I am "Bullshitting" you not. I can even send you a link to my screenies.
I Run at 60FPS average, on grassy maps and 90-100 on Lower detailed maps.

And all on normal, either you screwed up your pc/game or your an idiot...:upset:


----------



## Colortiz (Jun 2, 2008)

dude thats battlefield 2 not cod 4. Cod 4 has much better graphics and takes way more power to run. Battle field 2 has lower requirements and is much older. like i said hell be fine running that game but not for cod 4


----------



## prudhoc1 (Jan 24, 2008)

Have you not listened to either of my posts? I said
A) I have both, and BOTH WORK FINE on that Card.
B) CoD4 requires a 9800Pro ***ATI*** For HIGH. BF2 Is a 9000 For LOW.
C) I Have been playing Both Games For Over 2 years, CoD5 A bit less because of the release of that.
D) Cod4's Medium Graphics are like BF2's LOW Graphics, But CoD4's run smoother as they optimize themselves for PERFORMANCE/STABILITY Game play.

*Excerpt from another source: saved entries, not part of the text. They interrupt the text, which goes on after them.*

-- ===== src/Tests/Ingest.antt =====
-- Tests of the ingest package's theorems.
use quellgeist.Base.{
  ℕ, String, ◌≡◌, ◌≤◌, refl, true, false, Option, none, some, List, [], ◌∷◌, ◌++◌, map, keep,
  length, pos, inl, inr, In,
}
use quellgeist.Effects.{ok}
use quellgeist.Signals.{Value, int, str, Row, empty, field, get}
use quellgeist.Ingest.Normalize.Ids.{IdBelow, IsNormal, EachNormal, normalize_log_rows_fresh}
use quellgeist.Ingest.Normalize.Canonical.{LogFields, canonical_row, IsCanonicalLog}
use quellgeist.Ingest.Lines.{splitlines}
use quellgeist.Ingest.Lines.Printed.{print_lines}
use quellgeist.Ingest.Sources.{ReadResult, file, directory, read_log_source, ts_text}
use quellgeist.Ingest.Sources.Lines.{
  is_nonblank, read_log_source_canonical, read_log_source_each_line,
}
use quellgeist.Ingest.Sources.Directory.{
  ShowsFiles, ids_from, IsAscending, read_log_source_directory,
}
use quellgeist.Ingest.Deploys.{GitCommit, commit_row, from_git_log_text}
use quellgeist.Ingest.Deploys.RoundTrip.{print_log, IsPrintable, from_git_log_text-print_log}
use quellgeist.Tests.Samples.{python, plain_fields, bare_fields}

both_canonical : (f : LogFields) → In f (plain_fields ∷ bare_fields ∷ []) → IsCanonicalLog f
unfolding quellgeist.Base.strip quellgeist.Servers.Filters.Timestamp.is_canonical_ts
both_canonical f h = elim h [
  | inl e ↦ rw e (refl, inr refl, inl refl)
  | inr k ↦ elim k [ inl e ↦ rw e (refl, inl refl, inr (inr (inl refl))) | inr n ↦ absurd n ]
]

read_log_source_canonical_example :
    read_log_source python (file (print_lines ("{a}" ∷ "{b}" ∷ [])))
    ≡ ok (record {
      rows = map canonical_row (plain_fields ∷ bare_fields ∷ []);
      skipped = 0;
      coerced = 0;
      files = 1;
    })
unfolding quellgeist.Ingest.Lines.Printed.is_one_line quellgeist.Base.strip
    quellgeist.Ingest.Lines.starts_with print_lines
read_log_source_canonical_example =
    read_log_source_canonical python ("{a}" ∷ "{b}" ∷ []) (plain_fields ∷ bare_fields ∷ [])
      (refl, refl, refl, refl, refl, refl, refl, refl, refl, refl)
      ((refl, refl, refl, refl), ((refl, refl, refl, refl), tt)) both_canonical refl

abbrev text_result : ReadResult
text_result = record {
  rows =
      canonical_row plain_fields
      ∷ field "id" (int (pos 5))
          (field "ts" (str "") (field "level" (str "INFO") (field "msg" (str "went down") empty)))
      ∷ [];
  skipped = 0;
  coerced = 1;
  files = 1;
}

read_log_source_each_line_example :
    (length text_result.rows ≡ length (keep is_nonblank (splitlines "{a}\n\nwent down")))
    × (text_result.skipped ≡ 0)
    × (text_result.coerced ≤ length text_result.rows)
unfolding quellgeist.Ingest.Sources.whole_array quellgeist.Ingest.Lines.starts_with
    quellgeist.Base.strip read_log_source quellgeist.Ingest.Normalize.normalize_log_rows
    quellgeist.Ingest.Sources.read_raw_log_file quellgeist.Ingest.Sources.read_lines splitlines
    quellgeist.Ingest.Lines.is_break quellgeist.Ingest.Sources.line_object
    quellgeist.Ingest.Normalize.normalize_log_row quellgeist.Ingest.Normalize.ts_field
    quellgeist.Ingest.Normalize.pick quellgeist.Ingest.Normalize.lowered_key get
    quellgeist.Ingest.Normalize.normalize_ts quellgeist.Ingest.Normalize.ts_of_text
    quellgeist.Base.all quellgeist.Base.drop_z quellgeist.Base.insert_by quellgeist.Base.order_by
    quellgeist.Base.str_lt quellgeist.Ingest.Normalize.coerce_status
    quellgeist.Ingest.Normalize.epoch_of_text quellgeist.Ingest.Normalize.except_value_error
    quellgeist.Ingest.Normalize.from_epoch quellgeist.Ingest.Normalize.is_millis
    quellgeist.Ingest.Normalize.iso_text quellgeist.Ingest.Normalize.level_of_text
    quellgeist.Ingest.Normalize.level_synonym quellgeist.Ingest.Normalize.msg_text
    quellgeist.Ingest.Normalize.next_after quellgeist.Ingest.Normalize.normalize_level
    quellgeist.Ingest.Normalize.row_id quellgeist.Ingest.Normalize.text_of
    quellgeist.Ingest.Normalize.truncate quellgeist.Ingest.Normalize.with_route
    quellgeist.Ingest.Normalize.with_status quellgeist.Ingest.Sources.coerce_text_line
    quellgeist.Ingest.Sources.objects quellgeist.Ingest.Sources.read_files
    quellgeist.Ingest.Sources.renumber ts_text quellgeist.Ingest.Sources.with_group
    quellgeist.Ingest.Sources.without quellgeist.Servers.Filters.Timestamp.is_canonical_ts
    quellgeist.Signals.put quellgeist.Signals.to_list
read_log_source_each_line_example =
    read_log_source_each_line python "{a}\n\nwent down" text_result refl refl

abbrev directory_result : ReadResult
directory_result = record {
  rows =
      field "id" (int (pos 0))
        (field "ts" (str "") (field "level" (str "INFO") (field "msg" (str "started") empty)))
      ∷ field "id" (int (pos 1)) (
          field "ts" (str "2024-05-01T10:00:00Z") (
            field "level" (str "ERROR") (
              field "route" (str "/pay")
                (field "status" (int (pos 500)) (field "msg" (str "boom") empty)))))
      ∷ [];
  skipped = 0;
  coerced = 0;
  files = 2;
}

abbrev directory_files : List (String × String)
directory_files = ("b.log", "{a}") ∷ ("a.log", "{b}") ∷ []

read_log_source_directory_example :
    ShowsFiles python directory_files directory_result.rows
    × (map (get "id") directory_result.rows ≡ ids_from 0 (length directory_result.rows))
    × IsAscending (map ts_text directory_result.rows)
    × (directory_result.files ≡ length directory_files)
unfolding read_log_source quellgeist.Ingest.Normalize.normalize_log_rows
    quellgeist.Ingest.Sources.read_files quellgeist.Base.order_by quellgeist.Base.str_lt
    quellgeist.Ingest.Sources.read_raw_log_file quellgeist.Ingest.Sources.whole_array
    quellgeist.Ingest.Lines.starts_with quellgeist.Base.strip quellgeist.Ingest.Sources.read_lines
    splitlines quellgeist.Ingest.Lines.is_break quellgeist.Ingest.Sources.line_object
    quellgeist.Ingest.Normalize.normalize_log_row quellgeist.Ingest.Normalize.ts_field
    quellgeist.Ingest.Normalize.pick quellgeist.Ingest.Normalize.lowered_key quellgeist.Base.all
    quellgeist.Base.drop_z quellgeist.Base.insert_by quellgeist.Ingest.Normalize.coerce_status
    quellgeist.Ingest.Normalize.epoch_of_text quellgeist.Ingest.Normalize.except_value_error
    quellgeist.Ingest.Normalize.from_epoch quellgeist.Ingest.Normalize.is_millis
    quellgeist.Ingest.Normalize.iso_text quellgeist.Ingest.Normalize.level_of_text
    quellgeist.Ingest.Normalize.level_synonym quellgeist.Ingest.Normalize.msg_text
    quellgeist.Ingest.Normalize.next_after quellgeist.Ingest.Normalize.normalize_level
    quellgeist.Ingest.Normalize.normalize_ts quellgeist.Ingest.Normalize.row_id
    quellgeist.Ingest.Normalize.text_of quellgeist.Ingest.Normalize.truncate
    quellgeist.Ingest.Normalize.ts_of_text quellgeist.Ingest.Normalize.with_route
    quellgeist.Ingest.Normalize.with_status quellgeist.Ingest.Sources.coerce_text_line
    quellgeist.Ingest.Sources.objects quellgeist.Ingest.Sources.renumber ts_text
    quellgeist.Ingest.Sources.with_group quellgeist.Ingest.Sources.without
    quellgeist.Servers.Filters.Timestamp.is_canonical_ts get quellgeist.Signals.put
    quellgeist.Signals.to_list
read_log_source_directory_example =
    read_log_source_directory python directory_files directory_result refl

abbrev plain_row : Row
plain_row = field "msg" (str "went down") empty

abbrev fresh_rows : List Row
fresh_rows =
    canonical_row plain_fields
    ∷ field "id" (int (pos 5))
        (field "ts" (str "") (field "level" (str "INFO") (field "msg" (str "went down") empty)))
    ∷ []

normalize_log_rows_fresh_example :
    (rows : List Row) × (row : Row) × (rest : List Row) × (n : ℕ) × (fresh_rows
      ≡ rows ++ row ∷ rest)
    × EachNormal python (canonical_row plain_fields ∷ []) rows
    × IsNormal python plain_row row
    × EachNormal python [] rest
    × (get "id" row ≡ some (int (pos n)))
    × (0 ≤ n)
    × ((other : Row) → In other rows → IdBelow n other)
unfolding quellgeist.Ingest.Normalize.normalize_log_rows
    quellgeist.Ingest.Normalize.normalize_log_row quellgeist.Ingest.Normalize.ts_field
    quellgeist.Ingest.Normalize.pick quellgeist.Ingest.Normalize.lowered_key get
    quellgeist.Ingest.Normalize.normalize_ts quellgeist.Ingest.Normalize.ts_of_text
    quellgeist.Base.strip quellgeist.Ingest.Normalize.text_of
    quellgeist.Servers.Filters.Timestamp.is_canonical_ts quellgeist.Ingest.Normalize.row_id
    quellgeist.Ingest.Normalize.normalize_level quellgeist.Ingest.Normalize.with_route
    quellgeist.Ingest.Normalize.level_of_text quellgeist.Ingest.Normalize.with_status
    quellgeist.Ingest.Normalize.next_after quellgeist.Ingest.Normalize.level_synonym
    quellgeist.Ingest.Normalize.coerce_status quellgeist.Ingest.Normalize.msg_text
normalize_log_rows_fresh_example =
    normalize_log_rows_fresh python 0 (canonical_row plain_fields ∷ []) plain_row [] fresh_rows refl
      (λ z e. absurd (cc e))

abbrev commits : List GitCommit
commits =
    record { sha = "abc"; ts = "2024"; msg = "fix it"; files = "a.py" ∷ "b.py" ∷ [] }
    ∷ record { sha = "def"; ts = "2023"; msg = ""; files = [] }
    ∷ []

printable : (c : GitCommit) → In c commits → IsPrintable c
unfolding quellgeist.Ingest.Lines.Printed.is_one_line quellgeist.Ingest.Lines.has_code
    quellgeist.Base.strip
printable c h = elim h [
  | inl e ↦ rw e (
    (refl, refl, refl),
    (refl, refl, refl),
    (refl, refl, refl),
    λ name k. elim k [
      | inl f ↦ rw f ((refl, refl, refl), refl)
      | inr m ↦ elim m [ inl f ↦ rw f ((refl, refl, refl), refl) | inr n ↦ absurd n ]
    ],
  )
  | inr k ↦ elim k [
    | inl e ↦ rw e ((refl, refl, refl), (refl, refl, refl), (refl, refl, refl), λ name m. absurd m)
    | inr n ↦ absurd n
  ]
]

from_git_log_text-print_log_example : from_git_log_text (print_log commits) ≡ map commit_row commits
from_git_log_text-print_log_example = from_git_log_text-print_log commits printable
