-- ===== src/Tests/Orchestrator.antt =====
-- Tests of the orchestrator's theorems.
use quellgeist.Base.{
  inr, pos, inl, find_first, some, ℕ, false, sym, ap, String, ◌≡◌, refl, ◌↔◌, none, [], ◌∷◌,
}
use quellgeist.Effects.{Exn, raise, ok}
use quellgeist.Orchestrator.Investigate.{InvestigationResult, investigate}
use quellgeist.Orchestrator.Investigate.Terminal.{Ended, investigate-Ended}
use quellgeist.Orchestrator.Investigate.Silent.{Silent, investigate-Silent}
use quellgeist.Orchestrator.Review.{apply_review}
use quellgeist.Orchestrator.Review.Gate.{Gated, apply_review_gate}
use quellgeist.Store.Models.{Incident, status_beq, pending_review}
use quellgeist.Store.Dao.{find_incident}
use quellgeist.Orchestrator.Review.Closed.{apply_review_closed}
use quellgeist.Orchestrator.Resolution.{judge_logs, no_route, recovered, not_recovered}
use quellgeist.Orchestrator.Resolution.Routes.{
  Seen, error_before, error_after, row_after, judge_logs-recovered, judge_logs-not_recovered,
}
use quellgeist.Agent.Schema.{log}
use quellgeist.Signals.{Row, null, int, str, empty, field, int_key, get, key_eq, to_list, of_list}
use quellgeist.Agent.Citations.Exact.{IsReal}
use quellgeist.Agent.Loop.{ToolSpec, find_tool}
use quellgeist.Ingest.Normalize.Canonical.{canonical_row}
use quellgeist.Servers.Tools.{
  query_logs, get_recent_commits, query_metrics, array_rows, as_rows, no_commits, no_metrics,
}
use quellgeist.Orchestrator.Investigate.{Signals}
use quellgeist.Ingest.Metrics.{as_dict}
use quellgeist.Orchestrator.ToolsFactory.{
  incident_tools, read_signals, snapshot_rows, read_json_array, logs_closure, only_keys, text_arg,
}
use quellgeist.Orchestrator.ToolsFactory.Agree.{Agrees, incident_tools_agree}
use quellgeist.Orchestrator.ToolsFactory.Real.{incident_tools-IsReal}
use quellgeist.Tests.Samples.{
  python, host, inside, log_read, plain_fields, bare_fields, named_commit, setup, provider, world,
  waiting, config, codec_of, diagnose_reply, log_row, healthy_row,
}

apply_review_gate_example :
    Gated config "inc" "approve" world (apply_review config "inc" "approve" none none world).1
apply_review_gate_example = apply_review_gate config "inc" "approve" none none world

investigate-Ended_example :
    (result : InvestigationResult) × ((investigate setup "new" "dir" provider "m" none none none 2
        world).0
      ≡ ok result)
    × Ended "new" result (investigate setup "new" "dir" provider "m" none none none 2 world).1
investigate-Ended_example =
    investigate-Ended setup "new" "dir" provider "m" none none none 2 world refl

investigate-Silent_example : Silent (investigate setup "new" "dir" provider "m" none none none 2)
investigate-Silent_example = investigate-Silent setup "new" "dir" provider "m" none none none 2

judge_logs-recovered_example :
    ((judge_logs (codec_of diagnose_reply) (log_row ∷ healthy_row ∷ []) "2" "run").verdict
      ≡ recovered)
    ↔ (((a : String) × Seen
            (error_before (codec_of diagnose_reply) "2")
            (log_row ∷ healthy_row ∷ [])
            a)
        × ((a : String)
            → Seen (error_before (codec_of diagnose_reply) "2") (log_row ∷ healthy_row ∷ []) a
            → (¬ (a ≡ no_route))
              × Seen (row_after (codec_of diagnose_reply) "2") (log_row ∷ healthy_row ∷ []) a
              × ¬ Seen (error_after (codec_of diagnose_reply) "2") (log_row ∷ healthy_row ∷ []) a))
judge_logs-recovered_example =
    judge_logs-recovered (codec_of diagnose_reply) (log_row ∷ healthy_row ∷ []) "2" "run"

judge_logs-not_recovered_example :
    ((judge_logs (codec_of diagnose_reply) (log_row ∷ log_row ∷ []) "2" "run").verdict
      ≡ not_recovered)
    ↔ ((a : String) × Seen (error_before (codec_of diagnose_reply) "2") (log_row ∷ log_row ∷ []) a
        × Seen (error_after (codec_of diagnose_reply) "2") (log_row ∷ log_row ∷ []) a)
judge_logs-not_recovered_example =
    judge_logs-not_recovered (codec_of diagnose_reply) (log_row ∷ log_row ∷ []) "2" "run"

waiting_closed :
    (i : Incident) → find_incident "new" world ≡ some i → status_beq i.status pending_review ≡ false
unfolding find_incident find_first status_beq
waiting_closed i found =
    let same : waiting ≡ i = some-injective found in
    ap (λ (j : Incident). status_beq j.status pending_review) (sym same)
  where
    some-injective : {x y : Incident} → some x ≡ some y → x ≡ y
    some-injective e = cc

apply_review_closed_example :
    ((x : Exn) × ((apply_review config "new" "approve" none none world).0 ≡ raise x))
    × ((n : ℕ) × ((apply_review config "new" "approve" none none world).1
          ≡ record world { transactions = n }))
apply_review_closed_example =
    apply_review_closed config "new" "approve" none none world waiting_closed

abbrev since_call : Row
since_call = field "since" null empty

incident_tools_agree_example :
    let tools = incident_tools python host inside "dir" in
    ((t : ToolSpec) × (find_tool "query_logs" tools ≡ some t)
      × (t.fn (field "route" (str "/pay") empty) ≡ query_logs python host none none (some "/pay")))
    × ((t : ToolSpec) × (find_tool "get_recent_commits" tools ≡ some t)
        × Agrees no_commits (t.fn since_call) (get_recent_commits python host none none))
    × ((t : ToolSpec) × (find_tool "query_metrics" tools ≡ some t)
        × Agrees no_metrics (t.fn since_call) (query_metrics python host none none))
unfolding quellgeist.Servers.Tools.env_path get
incident_tools_agree_example =
    incident_tools_agree python host inside "dir" (field "route" (str "/pay") empty) since_call
      since_call none none (some "/pay") none none refl refl refl
      (
        (inr (inr (inl refl)), tt),
        inr (refl, inl refl),
        inr (refl, inl refl),
        inl ("/pay", refl, refl),
      )
      ((inl refl, tt), inr (refl, inr refl), inr (refl, inl refl))
      ((inr (inl refl), tt), inr (refl, inl refl), inr (refl, inr refl))

abbrev read_back : Signals
read_back = record {
  logs = canonical_row plain_fields ∷ canonical_row bare_fields ∷ [];
  commits = named_commit ∷ [];
  metrics = field "metric" (str "errors") empty ∷ [];
}

-- A file of the snapshot that is a JSON array, and the log, as the tools read them.
signals_read : read_signals python host inside "dir" ≡ ok read_back
unfolding read_signals snapshot_rows read_json_array array_rows as_rows as_dict to_list of_list
signals_read = rw log_read refl

rows_shown : logs_closure python host inside "dir" 1 empty ≡ ok (canonical_row bare_fields ∷ [])
unfolding logs_closure snapshot_rows only_keys text_arg get
    quellgeist.Servers.Filters.filter_log_rows quellgeist.Servers.Filters.check_since
    quellgeist.Servers.Filters.select quellgeist.Servers.Filters.keeps_log
    quellgeist.Servers.Filters.too_old quellgeist.Servers.Filters.level_is
    quellgeist.Servers.Filters.normal_level quellgeist.Servers.Filters.route_is
rows_shown = rw log_read refl

incident_tools-IsReal_example :
    IsReal read_back.logs read_back.commits (some read_back.metrics) (log, int_key (pos 9))
unfolding get key_eq
incident_tools-IsReal_example =
    incident_tools-IsReal python host inside log "dir" 1 empty (canonical_row bare_fields ∷ [])
      read_back (int_key (pos 9)) signals_read rows_shown
      (canonical_row bare_fields, inl refl, (int (pos 9), refl, refl))
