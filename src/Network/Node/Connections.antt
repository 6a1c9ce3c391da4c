-- ===== src/Network/Node/Connections.antt =====
-- No two living peers of a node are at the same place: the same host with the same listening port.
use mathlib.Core.Option.{some-injective}
use forgechain.Prelude.{
  ℕ, zero, suc, ◌<◌, ◌≡◌, ◌≢◌, refl, ap, true, false, not, ◌&&◌, Bool-cases, inl, inr, none, some,
  List, [], ◌∷◌, ◌++◌, Bytes, All, length, ◌==◌, arith,
}
use forgechain.Network.Clock.{TimePoint}
use forgechain.Network.Node.State.{Peer, PeerPtr, PeerEntry, Node, update_peer, mark_dead, touch}
use forgechain.Network.Node.Peers.{is_at, at_in, connected_in, find_duplicate}

-- Each living peer with a listening port is at another place than those behind it in the list.
abbrev pub IsSingle : List Peer → List PeerEntry → Type 0
IsSingle heap [] = Unit {0}
IsSingle heap (entry ∷ entries) =
    ((host : Bytes) (port : ℕ)
      → at_in heap host port entry.peer ≡ true
      → port ≢ 0
      → connected_in heap host port entries ≡ false)
    × IsSingle heap entries

pub record IsConnections (heap : List Peer) (entries : List PeerEntry) : Type 0 where
  pub placed : All (λ entry. entry.peer < length heap) entries
  pub single : IsSingle heap entries

-- A later heap, in which no peer has come to life or moved.
pub record IsLater (heap heap' : List Peer) : Type 0 where
  pub size : length heap' ≡ length heap
  pub quiet :
      (host : Bytes) (port : ℕ) (p : PeerPtr)
      → at_in heap host port p ≡ false
      → at_in heap' host port p ≡ false

module _ (heap heap' : List Peer) (later : IsLater heap heap') where
  pub connected_in-later :
      (host : Bytes) (port : ℕ) (entries : List PeerEntry)
      → connected_in heap host port entries ≡ false
      → connected_in heap' host port entries ≡ false
  unfolding connected_in
  connected_in-later host port [] h = refl
  connected_in-later host port (entry ∷ entries) h =
      ground (arith, later.quiet host port entry.peer, connected_in-later host port entries)

  IsSingle-later : (entries : List PeerEntry) → IsSingle heap entries → IsSingle heap' entries
  IsSingle-later [] h = tt
  IsSingle-later (entry ∷ entries) (h, hs) = (
    λ host port at pos.
        connected_in-later host port entries (h host port (was_there host port entry.peer at) pos),
    IsSingle-later entries hs,
  )
    where
      was_there :
          (host : Bytes) (port : ℕ) (p : PeerPtr)
          → at_in heap' host port p ≡ true
          → at_in heap host port p ≡ true
      was_there host port p at = elim (Bool-cases (at_in heap host port p)) [
        | inl there ↦ there
        | inr absent ↦ cc (later.quiet host port p absent)
      ]

  placed-later :
      (entries : List PeerEntry)
      → All (λ entry. entry.peer < length heap) entries
      → All (λ entry. entry.peer < length heap') entries
  placed-later [] h = tt
  placed-later (entry ∷ entries) (h, hs) = (omega (arith, later.size), placed-later entries hs)

  pub IsConnections-later :
      (entries : List PeerEntry) → IsConnections heap entries → IsConnections heap' entries
  IsConnections-later entries c = record {
    placed = placed-later entries c.placed;
    single = IsSingle-later entries c.single;
  }

length-update_peer :
    (f : Peer → Peer) (p : PeerPtr) (heap : List Peer) → length (update_peer f p heap) ≡ length heap
unfolding update_peer
length-update_peer f p [] = refl
length-update_peer f zero (x ∷ heap) = refl
length-update_peer f (suc p) (x ∷ heap) = ap suc (length-update_peer f p heap)

-- A change of a peer that neither brings it to life nor moves it.
abbrev pub IsQuiet : (Peer → Peer) → Type 0
IsQuiet f =
    (host : Bytes) (port : ℕ) (x : Peer) → is_at host port x ≡ false → is_at host port (f x) ≡ false

update_peer-quiet :
    (f : Peer → Peer) (q : PeerPtr) (heap : List Peer) (host : Bytes) (port : ℕ) (p : PeerPtr)
    → IsQuiet f
    → at_in heap host port p ≡ false
    → at_in (update_peer f q heap) host port p ≡ false
unfolding update_peer at_in
update_peer-quiet f q [] host port p quiet h = h
update_peer-quiet f zero (x ∷ heap) host port zero quiet h = quiet host port x h
update_peer-quiet f zero (x ∷ heap) host port (suc p) quiet h = h
update_peer-quiet f (suc q) (x ∷ heap) host port zero quiet h = h
update_peer-quiet f (suc q) (x ∷ heap) host port (suc p) quiet h =
    update_peer-quiet f q heap host port p quiet h

pub update_peer-IsLater :
    (f : Peer → Peer) (p : PeerPtr) (heap : List Peer)
    → IsQuiet f
    → IsLater heap (update_peer f p heap)
update_peer-IsLater f p heap quiet = record {
  size = length-update_peer f p heap;
  quiet = λ host port q h. update_peer-quiet f p heap host port q quiet h;
}

mark_dead-IsQuiet : IsQuiet (λ x. record x { alive = false })
mark_dead-IsQuiet host port x h = refl

pub mark_dead-IsLater : (p : PeerPtr) (node : Node) → IsLater node.heap (mark_dead p node).heap
mark_dead-IsLater p node = update_peer-IsLater _ p node.heap mark_dead-IsQuiet

pub touch-IsLater :
    (now : TimePoint) (p : PeerPtr) (node : Node) → IsLater node.heap (touch now p node).heap
touch-IsLater now p node = update_peer-IsLater _ p node.heap (λ host port x h. h)

-- The killed peer is nowhere.
at_in-mark_dead :
    (p : PeerPtr) (heap : List Peer) (host : Bytes) (port : ℕ)
    → at_in (update_peer (λ x. record x { alive = false }) p heap) host port p ≡ false
unfolding update_peer at_in
at_in-mark_dead p [] host port = refl
at_in-mark_dead zero (x ∷ heap) host port = refl
at_in-mark_dead (suc p) (x ∷ heap) host port = at_in-mark_dead p heap host port

-- Where there is no duplicate, nobody is at the place.
pub find_duplicate-none :
    (heap : List Peer) (host : Bytes) (port : ℕ) (entries : List PeerEntry)
    → port ≢ 0
    → find_duplicate heap host port entries ≡ none
    → connected_in heap host port entries ≡ false
unfolding find_duplicate connected_in
find_duplicate-none heap host port [] pos h = refl
find_duplicate-none heap host port (entry ∷ entries) pos h =
    ground (arith, find_duplicate-none heap host port entries)

find_duplicate-port :
    (heap : List Peer) (host : Bytes) (port : ℕ) (p : PeerPtr) (entries : List PeerEntry)
    → find_duplicate heap host port entries ≡ some p
    → port ≢ 0
unfolding find_duplicate
find_duplicate-port heap host port p [] h = cc
find_duplicate-port heap host port p (entry ∷ entries) h =
    ground (arith, find_duplicate-port heap host port p entries)

-- Where the duplicate is killed, nobody is at the place any more.
pub find_duplicate-killed :
    (heap : List Peer) (host : Bytes) (port : ℕ) (p : PeerPtr) (entries : List PeerEntry)
    → IsSingle heap entries
    → find_duplicate heap host port entries ≡ some p
    → connected_in (update_peer (λ x. record x { alive = false }) p heap) host port entries ≡ false
unfolding find_duplicate connected_in
find_duplicate-killed heap host port p [] s h = cc
find_duplicate-killed heap host port p (entry ∷ entries) (s, ss) h =
    let later = update_peer-IsLater (λ x. record x { alive = false }) p heap mark_dead-IsQuiet in
    let heap' = update_peer (λ x. record x { alive = false }) p heap in
    elim (Bool-cases (at_in heap host port entry.peer && not (port == 0))) [
      | inl here ↦
          let same : entry.peer ≡ p = some-injective _ _ (rw here at h) in
          let gone : at_in heap' host port entry.peer ≡ false =
            rw same (at_in-mark_dead p heap host port) in
          let rest : connected_in heap host port entries ≡ false =
            s host port (ground arith) (ground arith) in
          rw (gone, connected_in-later heap heap' later host port entries rest)
      | inr elsewhere ↦
          let rest = find_duplicate-killed heap host port p entries ss (rw elsewhere at h) in
          let pos : port ≢ 0 = find_duplicate-port heap host port p entries (rw elsewhere at h) in
          let gone : at_in heap' host port entry.peer ≡ false =
            later.quiet host port entry.peer (ground arith) in
          rw (gone, rest)
    ]

pub at_in-append :
    (heap : List Peer) (x : Peer) (host : Bytes) (port : ℕ) (p : PeerPtr)
    → p < length heap
    → at_in (heap ++ x ∷ []) host port p ≡ at_in heap host port p
unfolding at_in
at_in-append [] x host port p h = absurd (omega arith)
at_in-append (y ∷ heap) x host port zero h = refl
at_in-append (y ∷ heap) x host port (suc p) h = at_in-append heap x host port p (omega arith)

pub at_in-append_last :
    (heap : List Peer) (x : Peer) (host : Bytes) (port : ℕ)
    → at_in (heap ++ x ∷ []) host port (length heap) ≡ is_at host port x
unfolding at_in
at_in-append_last [] x host port = refl
at_in-append_last (y ∷ heap) x host port = at_in-append_last heap x host port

Please don't come in with your BS that the 8500 will NOT run CoD4 etc. Because My DEAD 9600Pro 128MB will run CoD4 on medium and the 8500 GeForce IS A HELL OFA LOT MORE CARD.


----------



## linderman (May 20, 2005)

Fellas >>>>>>>>>> cool things down, we wont sit back and watch a flame war! infraction points will be given if the tone of these replies continues


*READ MY SIGNATURE*


----------